Date: September 3 – 6, 2021
Location: Sechelt Inlet
Partners: Brittany, Will, Anne, Alex, Nikki, Christian, Nicole, Dawn, Matt
Distance Paddled: ~50 km
Photos: Brittany and Anne
One of the last really big group camping trips Brittany and I went on was a kayaking trip in the Broken Islands. That trip had some rain and a little bit of egg on our faces when our neighbours at the campsite called the Coast Guard because we were late coming back on a very windy day. We had a lot of fun but we needed some redemption on the water.
For Labour Day weekend, six old faces and four new ones headed to Sechelt Inlet for type 1 nautical fun.
Sechelt Inlet is a destination that I’ve overlooked for years since I’m not the one to plan paddling trips. With the organization done by Alex and Nikki, Brittany and I just had to be joiners and meet the gang at the ferry in the early afternoon on Friday before the long weekend.

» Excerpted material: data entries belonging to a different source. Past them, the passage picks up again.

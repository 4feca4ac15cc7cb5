-- ===== src/Rflog.antt =====
-- src/util/rflog.h and rflog.cpp: the lines of the RF log. The file behind them is in File.
pub mod File
pub mod Format
pub mod Lines
pub mod Whole
mod Tests
use meshcom_loraham_bridge.Prelude.{
  ℕ, ◌+◌, ◌-◌, ◌/◌, ◌%◌, Bool, true, false, not, ◌&&◌, List, [], ◌∷◌, ◌++◌, ltb, leb, ◌==◌,
  if◌then◌else◌, length, take, Bytes, codes,
}
use meshcom_loraham_bridge.Loraham.Config.{decimal}
use meshcom_loraham_bridge.Loraham.Backend.{
  TxLogOutcome, ok, unconfirmed, RfEntry, rx_line, tx_line,
}

-- The buffer `out`: the bytes written to it, and the position behind the text, which snprintf counts
-- on where the text does not fit.
pub record Line : Type 0 where
  pub text : Bytes
  pub pos : ℕ

-- snprintf("%s") behind what is there: the text is cut where one byte is left for the NUL.
unfoldable pub put : ℕ → Bytes → Line → Line
put room t l = record { text = l.text ++ take (room - 1 - l.pos) t; pos = l.pos + length t }

abbrev pub hex_digit : ℕ → ℕ
hex_digit d = if ltb d 10 then b'0' + d else b'a' + (d - 10)

-- The loop over the payload's hex digits, two bytes at a time while they fit.
unfoldable pub put_hex : ℕ → Bytes → Line → Line
put_hex room [] l = l
put_hex room (b ∷ rf) l =
    let more = put_hex room rf (record {
      text = l.text ++ (hex_digit (b / 16) ∷ hex_digit (b % 16) ∷ []);
      pos = l.pos + 2;
    }) in
    if ltb (l.pos + 2) room then more else l

-- A quote and a backslash count as non-printable.
abbrev pub ascii_of : ℕ → ℕ
ascii_of c = if leb 32 c && (ltb c 127 && (not (c == b'"') && not (c == b'\\'))) then c else b'.'

unfoldable pub put_ascii : ℕ → Bytes → Line → Line
put_ascii room [] l = l
put_ascii room (c ∷ rf) l =
    let more = put_ascii room rf (record { text = l.text ++ (ascii_of c ∷ []); pos = l.pos + 1 }) in
    if ltb (l.pos + 1) room then more else l

-- The end of the record: what is cut still ends with a newline.
unfoldable pub finish : ℕ → Line → Bytes
finish room l = if leb room l.pos then take (room - 2) l.text ++ b'\n' ∷ [] else l.text

unfoldable pub append_payload : ℕ → Bytes → Line → Bytes
append_payload room rf l = finish room (
    put room (codes "\"\n") (
      put_ascii room rf
        (put room (codes " ascii=\"") (put_hex room rf (put room (codes " hex=") l)))))

-- snprintf at the start of the buffer, and the position taken from its result.
unfoldable pub head_line : ℕ → Bytes → Line
head_line room t = record {
  text = take (room - 1) t;
  pos = if ltb (length t) room then length t else room - 1;
}

-- "%.2f" of a hundredth of a number below 2 ^ 15. A double is near enough to it to give these digits.
hundredths : ℕ → Bytes
hundredths n = decimal (n / 100) ++ (b'.' ∷ (b'0' + n / 10 % 10) ∷ (b'0' + n % 10) ∷ [])

-- "%.2f" of an int16_t, by its 16-bit pattern, divided by 100.
unfoldable pub centi : ℕ → Bytes
unfolding hundredths
centi v = if ltb v 32768 then hundredths v else b'-' ∷ hundredths (65536 - v)

unfoldable pub rx_head : Bytes → ℕ → ℕ → ℕ → Bytes
rx_head utc rssi snr len =
    utc
    ++ (codes " RX rssi="
        ++ (centi rssi ++ (codes " snr=" ++ (centi snr ++ (codes " len=" ++ decimal len)))))

unfoldable pub tx_head : Bytes → Bytes → ℕ → Bytes
tx_head utc outcome len =
    utc ++ (codes " TX rssi=- snr=- len=" ++ (decimal len ++ (codes " outcome=" ++ outcome)))

-- The line; none of it where the buffer is too small. `%zu` of a length below 10 ^ 10.
unfoldable pub format_rx : ℕ → Bytes → ℕ → ℕ → Bytes → Bytes
format_rx room utc rssi snr rf =
    if ltb room 8
    then []
    else append_payload room rf (head_line room (rx_head utc rssi snr (length rf)))

unfoldable pub format_tx : ℕ → Bytes → Bytes → Bytes → Bytes
format_tx room utc outcome rf =
    if ltb room 8
    then []
    else append_payload room rf (head_line room (tx_head utc outcome (length rf)))

abbrev pub line_max : ℕ
line_max = 1024

unfoldable pub outcome_name : TxLogOutcome → Bytes
outcome_name ok = codes "ok"
outcome_name unconfirmed = codes "unconfirmed"

-- The line that rx and tx write for an entry of the backend's, at the time `utc`.
unfoldable pub entry_line : Bytes → RfEntry → Bytes
unfolding outcome_name
entry_line utc (rx_line rssi snr rf) = format_rx line_max utc rssi snr rf
entry_line utc (tx_line outcome rf) = format_tx line_max utc (outcome_name outcome) rf
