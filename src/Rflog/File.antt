-- ===== src/Rflog/File.antt =====
-- src/util/rflog.cpp: the file of the RF log and its rollover. What the system calls answer is an
-- argument of each operation.
pub mod Roll
use meshcom_loraham_bridge.Prelude.{
  ℕ, ◌+◌, ◌*◌, suc, Bool, true, false, not, ◌&&◌, Option, none, some, List, [], ◌∷◌, ◌++◌, ltb,
  ◌==◌, if◌then◌else◌, length, take, drop, min, Bytes,
}
use meshcom_loraham_bridge.Loraham.Backend.{RfEntry}
use meshcom_loraham_bridge.Rflog.{entry_line}

abbrev pub max_bytes_default : ℕ
max_bytes_default = 5 * 1024 * 1024

-- The file-scope variables: `is_open` is g_fd >= 0. `live` is what the file holds, and `previous`
-- what the file <path>.1 holds.
pub record LogFile : Type 0 where
  pub is_open : Bool
  pub path : Bytes
  pub max_bytes : ℕ
  pub live : Bytes
  pub previous : Bytes

-- What write answers: so many bytes, EINTR, or another error.
pub data WriteAnswer : Type 0 where
  took : ℕ → WriteAnswer
  write_interrupted write_failed : WriteAnswer

-- What pread answers, with the answers of the writes behind it. At the end of the file it reads
-- nothing, and before it `pread_got n` reads n + 1 bytes, or what there is.
pub data CopyAnswer : Type 0 where
  pread_got : ℕ → List WriteAnswer → CopyAnswer
  pread_interrupted pread_failed : CopyAnswer

-- The answers for one line. `opens` is about <path>.1.
pub record LineAnswers : Type 0 where
  pub stat_ok : Bool
  pub opens : Bool
  pub copies : List CopyAnswer
  pub truncates : Bool
  pub writes : List WriteAnswer

abbrev pub copy_chunk : ℕ
copy_chunk = 65536

-- `while (done < n)`, with whether it got to the end and the bytes that were written. An exhausted
-- list of answers stands for a write that takes the rest.
unfoldable pub write_all : List WriteAnswer → Bytes → Bool × Bytes
write_all answers [] = (true, [])
write_all [] (b ∷ bytes) = (true, b ∷ bytes)
write_all (took n ∷ answers) (b ∷ bytes) =
    let w = min n (length (b ∷ bytes)) in
    let (all, out) = write_all answers (drop w (b ∷ bytes)) in (all, take w (b ∷ bytes) ++ out)
write_all (write_interrupted ∷ answers) (b ∷ bytes) = write_all answers (b ∷ bytes)
write_all (write_failed ∷ answers) (b ∷ bytes) = (false, [])

-- The loop of copy_to_previous on what is left to read, with what it has written.
unfoldable pub copy_loop : List CopyAnswer → Bytes → Bool × Bytes
copy_loop [] rest = (true, rest)
copy_loop (pread_interrupted ∷ answers) rest = copy_loop answers rest
copy_loop (pread_failed ∷ answers) rest = (false, [])
copy_loop (pread_got n writes ∷ answers) [] = (true, [])
copy_loop (pread_got n writes ∷ answers) (b ∷ rest) =
    let chunk = take (min (suc n) copy_chunk) (b ∷ rest) in
    let (all, out) = write_all writes chunk in
    let (ok, more) = copy_loop answers (drop (min (suc n) copy_chunk) (b ∷ rest)) in
    if all then (ok, out ++ more) else (false, out)

-- <path>.1 is emptied as it is opened.
unfoldable pub copy_to_previous : Bool → List CopyAnswer → LogFile → Bool × LogFile
copy_to_previous opens copies f =
    let (ok, out) = copy_loop copies f.live in
    if opens then (ok, record f { previous = out }) else (false, f)

roll : LineAnswers → LogFile → LogFile
roll a f =
    let (copied, f') = copy_to_previous a.opens a.copies f in
    if copied && a.truncates then record f' { live = [] } else f'

unfoldable pub write_line : LineAnswers → Bytes → LogFile → LogFile
unfolding roll
write_line a line f =
    let full = a.stat_ok && ltb f.max_bytes (length f.live + length line) in
    let f' = (if full then roll a f else f) in
    record f' { live = f'.live ++ (write_all a.writes line).1 }

starts_absolute : Bytes → Bool
starts_absolute [] = false
starts_absolute (c ∷ path) = c == b'/'

-- `found` is what the file and its <path>.1 hold, where open succeeds.
unfoldable pub open_log : Bytes → Option (Bytes × Bytes) → LogFile → Bool × LogFile
unfolding starts_absolute
open_log path found f = if not (starts_absolute path) then (false, f) else elim found [
  | none ↦ (false, f)
  | some (live, previous) ↦
      (true, record f { is_open = true; path = path; live = live; previous = previous })
]

unfoldable pub close_log : LogFile → LogFile
close_log f = record f { is_open = false; path = []; max_bytes = max_bytes_default }

abbrev pub set_max_bytes : ℕ → LogFile → LogFile
set_max_bytes n f = record f { max_bytes = n }

-- rx and tx
unfoldable pub log_entry : Bytes → LineAnswers → RfEntry → LogFile → LogFile
log_entry utc a e f = if f.is_open then write_line a (entry_line utc e) f else f
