-- ===== src/Cli/Startup.antt =====
-- src/main.cpp: main up to the event loop. What the file system and the sockets answer is a World.
pub mod Sound
use meshcom_loraham_bridge.Prelude.{
  ℕ, Bool, true, false, not, ◌&&◌, ◌||◌, Option, none, some, List, [], ◌==◌, if◌then◌else◌, length,
  Bytes, codes,
}
use meshcom_loraham_bridge.Auth.{
  AuthConfig, FileResult, file_password, file_failed, from_password_file,
}
use meshcom_loraham_bridge.Loraham.Framing.{bytes_eq}
use meshcom_loraham_bridge.Loraham.Paths.{DaemonPaths, instance_daemon_paths}
use meshcom_loraham_bridge.Rflog.File.{LogFile, max_bytes_default, open_log}
use meshcom_loraham_bridge.Xr.Server.Listen.{ListenError, no_error, ListenAnswers, Listener, listen}
use meshcom_loraham_bridge.Cli.{
  Stop, lone_socket, sockets_need_loraham, password_file_failed, rflog_needs_path, rflog_failed,
  unknown_backend, listen_failed, exit_code, Result, ok, stop, ◌>>=◌, ◌>>◌, guard,
}
use meshcom_loraham_bridge.Cli.Options.{Options, default_options, parse_args}

-- `password_chunks` and `password_error` are the reads of the password file, `log_found` what the RF
-- log and its <path>.1 hold, if it opens, and `listener` the server before listen.
pub record World : Type 0 where
  pub is_socket : Bytes → Bool
  pub password_chunks : Option (List Bytes)
  pub password_error : Bool
  pub log_found : Option (Bytes × Bytes)
  pub listens : ListenAnswers
  pub listener : Listener

-- The backend that is made, with the paths of its transport.
pub data Chosen : Type 0 where
  fake : Chosen
  loraham : DaemonPaths → Chosen

-- What the event loop starts with.
pub record Setup : Type 0 where
  pub options : Options
  pub auth : AuthConfig
  pub log : LogFile
  pub backend : Chosen
  pub listener : Listener

abbrev pub is_empty : Bytes → Bool
is_empty s = length s == 0

abbrev pub is_loraham : Options → Bool
is_loraham o = bytes_eq o.backend_name (codes "loraham")

abbrev same : Bool → Bool → Bool
same true b = b
same false b = not b

unfoldable pub check_sockets : Options → Result (Unit {0})
check_sockets o = do
  guard (same (is_empty o.data_socket) (is_empty o.conf_socket)) lone_socket
  guard (not ((not (is_empty o.data_socket) || not (is_empty o.conf_socket)) && not (is_loraham o)))
      sockets_need_loraham

unfoldable pub password_of : FileResult → Result AuthConfig
password_of (file_password p) = ok (record { password = p })
password_of (file_failed e) = stop (password_file_failed e)

-- Open mode where no file is named.
unfoldable pub load_auth : World → Options → Result AuthConfig
load_auth w o =
    if not (is_empty o.password_file)
    then password_of (from_password_file w.password_chunks w.password_error)
    else ok (record { password = [] })

abbrev pub no_log : LogFile
no_log = record {
  is_open = false;
  path = [];
  max_bytes = max_bytes_default;
  live = [];
  previous = [];
}

opened : Bool × LogFile → Result LogFile
opened (true, log) = ok log
opened (false, log) = stop rflog_failed

unfoldable pub start_log : World → Options → Result LogFile
unfolding opened
start_log w o =
    if o.rflog_on
    then if is_empty o.rflog_path
      then stop rflog_needs_path
      else opened (open_log o.rflog_path w.log_found no_log)
    else ok no_log

unfoldable pub select_backend : World → Options → Result Chosen
select_backend w o =
    if bytes_eq o.backend_name (codes "fake")
    then ok fake
    else if is_loraham o
    then ok (loraham (instance_daemon_paths w.is_socket o.data_socket o.conf_socket))
    else stop unknown_backend

listening : ListenError × Listener → Result Listener
listening (no_error, l) = ok l
listening (e, l) = stop (listen_failed e)

unfoldable pub start_listening : World → Result Listener
unfolding listening
start_listening w = listening (listen w.listens w.listener)

-- `args` is argv without the program's name.
unfoldable pub startup : World → List Bytes → Result Setup
startup w args = do
  o ← parse_args args default_options
  check_sockets o
  auth ← load_auth w o
  log ← start_log w o
  backend ← select_backend w o
  l ← start_listening w
  ok (record { options = o; auth = auth; log = log; backend = backend; listener = l })

-- main returns 0 behind the event loop.
unfoldable pub main_exit : World → List Bytes → ℕ
main_exit w args = elim (startup w args) [ ok setup ↦ 0 | stop s ↦ exit_code s ]
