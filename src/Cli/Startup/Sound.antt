-- ===== src/Cli/Startup/Sound.antt =====
-- src/main.cpp: what the event loop starts with.
use meshcom_loraham_bridge.Prelude.{
  ℕ, Bool, true, false, not, Option, none, some, List, [], ◌∷◌, Bytes, codes, ◌≡◌, refl, subst, inl,
  inr, Bool-cases, arith,
}
use meshcom_loraham_bridge.Auth.{AuthConfig, password_configured, from_password_file}
use meshcom_loraham_bridge.Loraham.Framing.{bytes_eq}
use meshcom_loraham_bridge.Loraham.Paths.{DaemonPaths, instance_daemon_paths}
use meshcom_loraham_bridge.Rflog.File.{LogFile, open_log}
use meshcom_loraham_bridge.Xr.Server.Listen.{
  ListenError, no_error, socket_failed, invalid_address, bind_failed, fcntl_failed, Listener,
  Listens, listen_leaves,
}
use meshcom_loraham_bridge.Cli.{ok, Holds, >>=-Holds}
use meshcom_loraham_bridge.Cli.Options.{Options, default_options, parse_args}
use meshcom_loraham_bridge.Cli.Options.Valid.{Valid, default_options-Valid, parse_args-Valid}
use meshcom_loraham_bridge.Cli.Startup.{
  World, Chosen, loraham, Setup, is_empty, is_loraham, check_sockets, password_of, load_auth,
  opened, start_log, select_backend, listening, start_listening, startup,
}

-- Sockets are named both or not at all, and only for the LoRaHAM backend.
abbrev SocketPair : Options → Type 0
SocketPair o =
    (is_empty o.data_socket ≡ is_empty o.conf_socket)
    × (is_empty o.data_socket ≡ false → is_loraham o ≡ true)

-- A password is there where a file is named.
abbrev Configured : Options → AuthConfig → Type 0
Configured o auth = password_configured auth ≡ not (is_empty o.password_file)

abbrev Logs : Options → LogFile → Type 0
Logs o log = log.is_open ≡ o.rflog_on

-- The paths of the command line serve either band.
abbrev pub named_paths : Options → DaemonPaths
named_paths o = record {
  data433 = o.data_socket;
  conf433 = o.conf_socket;
  data868 = o.data_socket;
  conf868 = o.conf_socket;
}

abbrev Named : Options → Chosen → Type 0
Named o b = is_empty o.data_socket ≡ false → b ≡ loraham (named_paths o)

check_sockets-Holds : (o : Options) → Holds (λ u. SocketPair o) (check_sockets o)
unfolding check_sockets
check_sockets-Holds o = ground arith

from_password_file-Holds :
    (chunks : Option (List Bytes)) (error : Bool)
    → Holds
        (λ auth. password_configured auth ≡ true)
        (password_of (from_password_file chunks error))
unfolding password_of from_password_file password_configured
from_password_file-Holds none error = tt
from_password_file-Holds (some chunks) error = ground arith

load_auth-Holds : (w : World) (o : Options) → Holds (Configured o) (load_auth w o)
unfolding load_auth password_configured
load_auth-Holds w o =
    let read = from_password_file-Holds w.password_chunks w.password_error in
    elim (Bool-cases (is_empty o.password_file)) [
      | inl e ↦ ground (arith, e)
      | inr e ↦ ground (arith, e, read)
    ]

start_log-Holds : (w : World) (o : Options) → Holds (Logs o) (start_log w o)
unfolding start_log opened open_log
start_log-Holds w o = ground arith

fake_other : (s : Bytes) → bytes_eq s (codes "loraham") ≡ true → bytes_eq s (codes "fake") ≡ false
unfolding bytes_eq
fake_other [] e = refl
fake_other (c ∷ s) e = ground arith

select_backend-Holds :
    (w : World) (o : Options) → SocketPair o → Holds (Named o) (select_backend w o)
unfolding select_backend instance_daemon_paths
select_backend-Holds w o h = ground (arith, h.0, h.1, fake_other o.backend_name)

-- The descriptor of the socket is the server's, and the only one that is open in addition.
abbrev IsListening : World → Listener → Type 0
IsListening w l = (fd : ℕ) × (l.listen_fd ≡ some fd) × (l.open_fds ≡ fd ∷ w.listener.open_fds)

listening-Holds :
    (w : World) (r : ListenError × Listener)
    → Listens w.listens w.listener r
    → Holds (IsListening w) (listening r)
unfolding listening
listening-Holds w (no_error, l) (fd, _, e, fds) = (fd, e, fds)
listening-Holds w (socket_failed, l) h = tt
listening-Holds w (invalid_address, l) h = tt
listening-Holds w (bind_failed, l) h = tt
listening-Holds w (ListenError.listen_failed, l) h = tt
listening-Holds w (fcntl_failed, l) h = tt

start_listening-Holds : (w : World) → Holds (IsListening w) (start_listening w)
unfolding start_listening
start_listening-Holds w = listening-Holds w _ (listen_leaves w.listens w.listener)

-- What the event loop is entered with.
abbrev pub Sound : World → Setup → Type 0
Sound w s =
    Valid s.options
    × (is_empty s.options.data_socket ≡ is_empty s.options.conf_socket)
    × Named s.options s.backend
    × Configured s.options s.auth
    × Logs s.options s.log
    × IsListening w s.listener

startup-Holds : (w : World) (args : List Bytes) → Holds (Sound w) (startup w args)
unfolding startup
startup-Holds w args =
    let parsed = parse_args-Valid args default_options default_options-Valid in
    >>=-Holds Valid (Sound w) (parse_args args default_options) _ parsed (λ o valid.
      >>=-Holds (λ u. SocketPair o) (Sound w) (check_sockets o) _ (check_sockets-Holds o)
        (λ u pair.
          >>=-Holds (Configured o) (Sound w) (load_auth w o) _ (load_auth-Holds w o)
            (λ auth password.
              >>=-Holds (Logs o) (Sound w) (start_log w o) _ (start_log-Holds w o) (λ log logs.
                >>=-Holds (Named o) (Sound w) (select_backend w o) _ (select_backend-Holds w o pair)
                  (λ b named.
                    >>=-Holds (IsListening w) (Sound w) (start_listening w) _
                      (start_listening-Holds w)
                      (λ l fd. (valid, pair.0, named, password, logs, fd)))))))

-- Whatever the command line and the answers of the system, if the event loop starts, then: the port
-- is at most 65535 and both keepalive times are from 1 to 3600000 ms; the sockets are named both or
-- not at all, with paths that fit an address, and where they are named the backend is LoRaHAM's with
-- these for both bands; a password is set exactly where the path of a password file is not empty;
-- the RF log is open exactly where it is on; and the server listens with the only new descriptor.
pub startup-Sound : (w : World) (args : List Bytes) (s : Setup) → startup w args ≡ ok s → Sound w s
startup-Sound w args s e = subst (Holds (Sound w)) e (startup-Holds w args)
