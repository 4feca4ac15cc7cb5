-- ===== src/Cli/Tests.antt =====
-- Command lines, and the theorems about main at them.
use meshcom_loraham_bridge.Prelude.{
  true, false, none, some, List, [], ◌∷◌, Bytes, codes, ◌≡◌, refl, arith,
}
use meshcom_loraham_bridge.Xr.Session.{default_timeouts}
use meshcom_loraham_bridge.Auth.{from_password_file, read_file, strip_newline, drop_last}
use meshcom_loraham_bridge.Loraham.Framing.{bytes_eq}
use meshcom_loraham_bridge.Loraham.Paths.{socket_path_error}
use meshcom_loraham_bridge.Xr.Server.Listen.{listen}
use meshcom_loraham_bridge.Cli.{ok, exit_code}
use meshcom_loraham_bridge.Cli.Number.{
  port_number, strtoul, starts_digit, sign, skip_space, to_ulong, digits,
}
use meshcom_loraham_bridge.Cli.Options.{
  Options, default_options, parse_args, set_option, argument_of, in_range, usable_socket,
}
use meshcom_loraham_bridge.Cli.Options.Print.{args_of, parse_args-args_of}
use meshcom_loraham_bridge.Cli.Startup.{
  World, Setup, fake, no_log, startup, main_exit, check_sockets, load_auth, start_log,
  select_backend, start_listening, password_of,
}
use meshcom_loraham_bridge.Cli.Startup.Sound.{Sound, startup-Sound}

abbrev custom : Options
custom = record default_options {
  port = 7100;
  backend_name = codes "loraham";
  rflog_on = true;
  rflog_path = codes "/log";
  data_socket = codes "/a";
  conf_socket = codes "/b";
  timeouts = record default_timeouts { ping_interval_ms = 60000 };
}

parse_args-args_of_example : parse_args (args_of custom) default_options ≡ ok custom
parse_args-args_of_example = parse_args-args_of custom (ground arith)

abbrev world : World
world = record {
  is_socket = λ path. false;
  password_chunks = some (codes "secret\n" ∷ []);
  password_error = false;
  log_found = some ([], []);
  listens = record {
    socket = some 3;
    address_ok = true;
    bind_ok = true;
    listen_ok = true;
    nonblocking = true;
    port = some 7100;
  };
  listener = record { listen_fd = none; bound_port = 0; open_fds = [] };
}

abbrev args : List Bytes
args = codes "--port" ∷ codes "7100" ∷ codes "--password-file" ∷ codes "/p" ∷ []

abbrev setup : Setup
setup = record {
  options = record default_options { port = 7100; password_file = codes "/p" };
  auth = record { password = codes "secret" };
  log = no_log;
  backend = fake;
  listener = record { listen_fd = some 3; bound_port = 7100; open_fds = 3 ∷ [] };
}

startup_ok : startup world args ≡ ok setup
unfolding startup parse_args set_option argument_of bytes_eq check_sockets load_auth start_log
    select_backend start_listening listen in_range port_number strtoul starts_digit sign skip_space
    to_ulong digits password_of from_password_file read_file strip_newline drop_last
startup_ok = refl

startup-Sound_example : Sound world setup
startup-Sound_example = startup-Sound world args setup startup_ok

-- strtoul takes a minus, and negates in 64 bits.
minus_wraps : port_number (codes "-18446744073709551615") ≡ some 1
unfolding port_number strtoul starts_digit sign skip_space to_ulong digits
minus_wraps = refl

too_large : port_number (codes "99999") ≡ none
unfolding port_number strtoul starts_digit sign skip_space to_ulong digits
too_large = refl

lone : main_exit world (codes "--data-socket" ∷ codes "/a" ∷ []) ≡ 2
unfolding main_exit startup parse_args set_option argument_of bytes_eq usable_socket
    socket_path_error check_sockets exit_code
lone = refl

abbrev empty_path : Setup
empty_path = record setup { options = default_options; auth = record { password = [] } }

-- An empty path of a password file is as good as none.
no_password : startup world (codes "--password-file" ∷ [] ∷ []) ≡ ok empty_path
unfolding startup parse_args set_option argument_of bytes_eq check_sockets load_auth start_log
    select_backend start_listening listen
no_password = refl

With the short ferry and short drive, we were at the kayak rental business north of Porpoise Bay in the later afternoon and pushed off a little after 5:00. Within 30 minutes we reached the “aquarium” where we peered down at assorted sea creatures and schools of small fish. Another hour or so brought us to the perennially popular Nine Mile Beach campground. We didn’t even get out of our boats to check it out after talking with some of the crowd on the beach and instead paddled across the inlet to Halfway Beach.
Summer is ending and the earlier evenings can’t be ignored. The group was hungry and light was fading so Brittany jumped straight into reheating a big batch of curry she made a few days earlier while everyone else found a spot to pitch tents. It was pretty dark as we finished off the curry and changed to brownies for dessert. At the same time, a 4L bag of wine was being passed around followed by a bottle of whiskey. Unlike a lot of people, Covid hasn’t led to an uptick in my drinking but in the presence of good friends and summer’s last hurrah, it was a good time to wet my whistle. The laughter and stories while watching the stars come out and bioluminescence in the surf was worth the headache the next morning.
Our first full day dawned grey but clear allowing a relaxed breakfast discussing the relative merits of camp french press coffee versus instant versus canned. Anne is a proponent of canned because she can drink it in her tent without getting out or even turning on a stove. When the fat drops began to fall, camp was broken in a hurry and we were out on the water sometime after 10:00.
We headed north in bouts of rain and headwind, underneath the power line crossing stretched across the inlet, and then swung east into Narrows Inlet on our way to camp 2 at Tzoonie Narrows. There are a few fish farms along the west side of Sechelt Inlet and you can hear fish food rattling along the pipes before being flung out to the pens by a swinging feeder.
At the campsites at Tzoonie we found it to be pretty wet and dark since nearly the entire area is under tree cover. We spent a long time figuring out how to set up a tarp and feeling a fair bit soggier than we wanted. Fortunately the rain abated in the evening and we were able to eat in the open together at the far end of the site at a little beach with an apple tree (harvested for breakfast).
The rain was a one-day event but grey skies and wind still mixed it up with sunshine and calm waters for the remainder of the trip. On the third day we paddled down to Kunechin Point for a late lunch and a bit of swimming. If I come back to paddle in Sechelt Inlet again, this campground would be my first choice. Excellent views from a small bluff and generally more open than any of the other areas we checked out.
Our last paddle across more open water was across the mouth of Salmon Inlet on our way to a final camp at Nine Mile Beach (fingers crossed). The wind had consistently been against us and there was the beginnings of white caps. With our spotty track record in windy water, we wanted to make sure we crossed as a group and made sure no one was struggling. However, in this case, progress was still pretty easy and we floated around to Nine Mile Beach in the late afternoon and found the last remaining spots to pitch tents. While definitely not the prime real estate, they were flat enough and we spent our final evening on the beach anyway taking advantage of the recently lifted fire ban and making sure the kayaks would be light for our last paddle by finishing off another bag of wine.
Our group soaked up the sun on the final morning until noon while almost every other group cleared out hours earlier. When we did set out, the wind was the strongest yet so we made good use of the coastline to regroup in protected areas. At the first of these stops, Brittany spotted a mink and I turned just in time to see it scamper behind the rocks. The paddle back to return the kayaks was never going to be too long but the wind was dying down as we went allowing us to relax a little more and float through the aquarium for a second time.
Lunch at the Lighthouse Pub in Scehelt aligned well with an early-evening ferry reservation for a stress-free finish to an all-time weekend.
Thanks to everyone for taking responsibility for a group meal each. The carrying capacity of a kayak plus the high-effort put in by each couple meant we ate better paddling for four days than I ever do in a given four-day stretch at home. We also brought fresh water for the duration of the trip which was a good call. The only easily accessible stream we saw was at Nine Mile Beach but surely some other source can be found with a little legwork.